I always use my AGR MasterCard to pay for meals and/or snacks!




This way, I earn 2 AGR points per $ - because it's coded as Amtrak!


----------



## Devil's Advocate (Sep 3, 2010)

the_traveler said:


> I always use my AGR MasterCard to pay for meals and/or snacks! This way, I earn 2 AGR points per $ - because it's coded as Amtrak![/img]


If there is one thing Americans love more than living in perpetual debt, it's non-negotiable kickbacks! :lol:


----------



## leemell (Sep 3, 2010)

daxomni said:


> LA Resident said:
> 
> 
> > Don't debit cards all require the use of a PIN?
> ...


Many retail and travel businesses have stopped accepting them, namely Starbucks, Walmart, Whole Foods,Travelx, most oil and gas companies in the UK, banks in Spain and the Netherlands and many more. In addition, AAA has stopped selling them as less than 1 percent of their customers buy them. I expect that Amex and the credit card companies to stop making them in the next year or two. Amtrak is not out of line in their decision to stop as well. One thing that has killed them is that it has turned out to be relatively easy to forge them.


----------



## FrankStar (Sep 3, 2010)

For me, it's a moot point.

Karl Malden notwithstanding, I found travelers checks to be a very inconvenient way to pay for anything while traveling. The one trip that I took relying on travelers checks (on the advice of someone who obviously didn’t travel with them much) to the Greek islands was a real pain. No one would cash them except banks and hotels – and at a very high commission/low exchange rate. Until debit cards became popular worldwide, I just traveled with cash – either exchanged at a bank in advance or on arrival.
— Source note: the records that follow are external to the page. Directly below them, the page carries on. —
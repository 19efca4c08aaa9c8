-- ===== src/Packet/ByteOrder.antt =====
-- Byte order: `htobe` undoes itself, the word loop agrees with it and undoes itself, and what is
-- written to a memory is read back: server/backend/net_utils.hpp and server/backend/worker.cpp.
use clean_slate_inc.Prelude.{
  leb, ltb, ◌&&◌, if◌then◌else◌, ℕ, zero, suc, ◌+◌, ◌*◌, ◌<◌, ◌≤◌, ◌≡◌, ◌⊎◌, refl, sym, ap, List,
  [], ◌∷◌, ◌++◌, length, arith, append_assoc, u16_mod, u32_mod,
}
use clean_slate_inc.Packet.{htobe16, htobe32, htobe_bytes, memcpy_htobe32, read_bytes, write_bytes}

pub htobe16-htobe16 : (x : ℕ) → x < u16_mod → htobe16 (htobe16 x) ≡ x
unfolding htobe16
htobe16-htobe16 x h = omega arith

pub htobe32-htobe32 : (x : ℕ) → x < u32_mod → htobe32 (htobe32 x) ≡ x
unfolding htobe32
htobe32-htobe32 x h = omega arith

pub htobe32-lt : (x : ℕ) → htobe32 x < u32_mod
unfolding htobe32
htobe32-lt x = omega arith

htobe_bytes-append :
    (bs cs out : List ℕ) → htobe_bytes (bs ++ cs) out ≡ htobe_bytes cs (htobe_bytes bs out)
unfolding htobe_bytes
htobe_bytes-append [] cs out = refl
htobe_bytes-append (b ∷ bs) cs out = htobe_bytes-append bs cs (b ∷ out)

htobe_bytes-out : (bs out : List ℕ) → htobe_bytes bs out ≡ htobe_bytes bs [] ++ out
unfolding htobe_bytes
htobe_bytes-out [] out = refl
htobe_bytes-out (b ∷ bs) out =
    rw (htobe_bytes-out bs (b ∷ out), htobe_bytes-out bs (b ∷ []))
      (sym (append_assoc (htobe_bytes bs []) (b ∷ []) out))

-- Reversing the bytes of a value twice gives it back.
pub htobe_bytes-htobe_bytes : (bs : List ℕ) → htobe_bytes (htobe_bytes bs []) [] ≡ bs
unfolding htobe_bytes
htobe_bytes-htobe_bytes [] = refl
htobe_bytes-htobe_bytes (b ∷ bs) =
    rw (htobe_bytes-out bs (b ∷ []), htobe_bytes-append (htobe_bytes bs []) (b ∷ []) [])
      (ap (◌∷◌ b) (htobe_bytes-htobe_bytes bs))

-- The little-endian number that four bytes hold.
abbrev pub word_at : ℕ → ℕ → ℕ → ℕ → ℕ
word_at a b c d = a + 256 * b + 65536 * c + 16777216 * d

-- The bytes reversed hold the number that `htobe32` gives.
pub htobe32-word_at :
    (a b c d : ℕ)
    → a < 256
    → b < 256
    → c < 256
    → d < 256
    → htobe32 (word_at a b c d) ≡ word_at d c b a
unfolding htobe32
htobe32-word_at a b c d ha hb hc hd = omega arith

pub length-memcpy_htobe32 :
    (n : ℕ) (xs : List ℕ) → length xs ≡ 4 * n → length (memcpy_htobe32 xs) ≡ 4 * n
unfolding memcpy_htobe32
length-memcpy_htobe32 zero [] h = refl
length-memcpy_htobe32 (suc n) (a ∷ b ∷ c ∷ d ∷ xs) h =
    omega (arith, length-memcpy_htobe32 n xs (omega arith))
length-memcpy_htobe32 zero (x ∷ xs) h = absurd (omega arith)
length-memcpy_htobe32 (suc n) [] h = absurd (omega arith)
length-memcpy_htobe32 (suc n) (a ∷ []) h = absurd (omega arith)
length-memcpy_htobe32 (suc n) (a ∷ b ∷ []) h = absurd (omega arith)
length-memcpy_htobe32 (suc n) (a ∷ b ∷ c ∷ []) h = absurd (omega arith)

-- On whole words the copy undoes itself.
pub memcpy_htobe32-memcpy_htobe32 :
    (n : ℕ) (xs : List ℕ) → length xs ≡ 4 * n → memcpy_htobe32 (memcpy_htobe32 xs) ≡ xs
unfolding memcpy_htobe32
memcpy_htobe32-memcpy_htobe32 zero [] h = refl
memcpy_htobe32-memcpy_htobe32 (suc n) (a ∷ b ∷ c ∷ d ∷ xs) h =
    ap (λ ys. a ∷ b ∷ c ∷ d ∷ ys) (memcpy_htobe32-memcpy_htobe32 n xs (omega arith))
memcpy_htobe32-memcpy_htobe32 zero (x ∷ xs) h = absurd (omega arith)
memcpy_htobe32-memcpy_htobe32 (suc n) [] h = absurd (omega arith)
memcpy_htobe32-memcpy_htobe32 (suc n) (a ∷ []) h = absurd (omega arith)
memcpy_htobe32-memcpy_htobe32 (suc n) (a ∷ b ∷ []) h = absurd (omega arith)
memcpy_htobe32-memcpy_htobe32 (suc n) (a ∷ b ∷ c ∷ []) h = absurd (omega arith)

pub length-read_bytes : (mem : ℕ → ℕ) (addr n : ℕ) → length (read_bytes mem addr n) ≡ n
unfolding read_bytes
length-read_bytes mem addr zero = refl
length-read_bytes mem addr (suc n) = ap suc (length-read_bytes mem (addr + 1) n)

-- Writing back what was read changes nothing.
pub write_bytes-read_bytes :
    (mem : ℕ → ℕ) (n addr i : ℕ) → write_bytes mem addr (read_bytes mem addr n) i ≡ mem i
unfolding write_bytes read_bytes
write_bytes-read_bytes mem zero addr i = refl
write_bytes-read_bytes mem (suc n) addr i =
    ground (arith, write_bytes-read_bytes mem n (addr + 1) i, ap mem)

-- What was read from one memory and written to another is there, and nothing else has changed.
pub write_bytes-copy :
    (dest mem : ℕ → ℕ) (n addr i : ℕ)
    → write_bytes dest addr (read_bytes mem addr n) i
      ≡ (if leb addr i && ltb i (addr + n) then mem i else dest i)
unfolding write_bytes read_bytes
write_bytes-copy dest mem zero addr i = ground arith
write_bytes-copy dest mem (suc n) addr i =
    ground (arith, write_bytes-copy dest mem n (addr + 1) i, ap mem)

-- A write changes no byte outside its range.
pub write_bytes-outside :
    (mem : ℕ → ℕ) (bs : List ℕ) (addr i : ℕ)
    → (i < addr) ⊎ (addr + length bs ≤ i)
    → write_bytes mem addr bs i ≡ mem i
unfolding write_bytes
write_bytes-outside mem [] addr i h = refl
write_bytes-outside mem (b ∷ bs) addr i h = ground (arith, write_bytes-outside mem bs (addr + 1) i)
I'm a careful person and I've never been the victim of theft while traveling - except for a silk scarf at NYP almost 20 years ago.

My debit cards (one Visa, one Mastercard) are never used at point-of-purchase with a PIN – since I don’t get reward points that way.

I haven’t written a regular check in years and I only write money orders for when I want to mail a payment or don’t want the recipient to have my bank or PayPal information.


----------



## Devil's Advocate (Sep 3, 2010)

leemell said:


> Many retail and travel businesses have stopped accepting *them*. In addition, AAA has stopped selling *them* as less than 1 percent of their customers buy *them*. I expect that Amex and the credit card companies to stop making *them* in the next year or two. One thing that has killed *them* is that it has turned out to be relatively easy to forge them.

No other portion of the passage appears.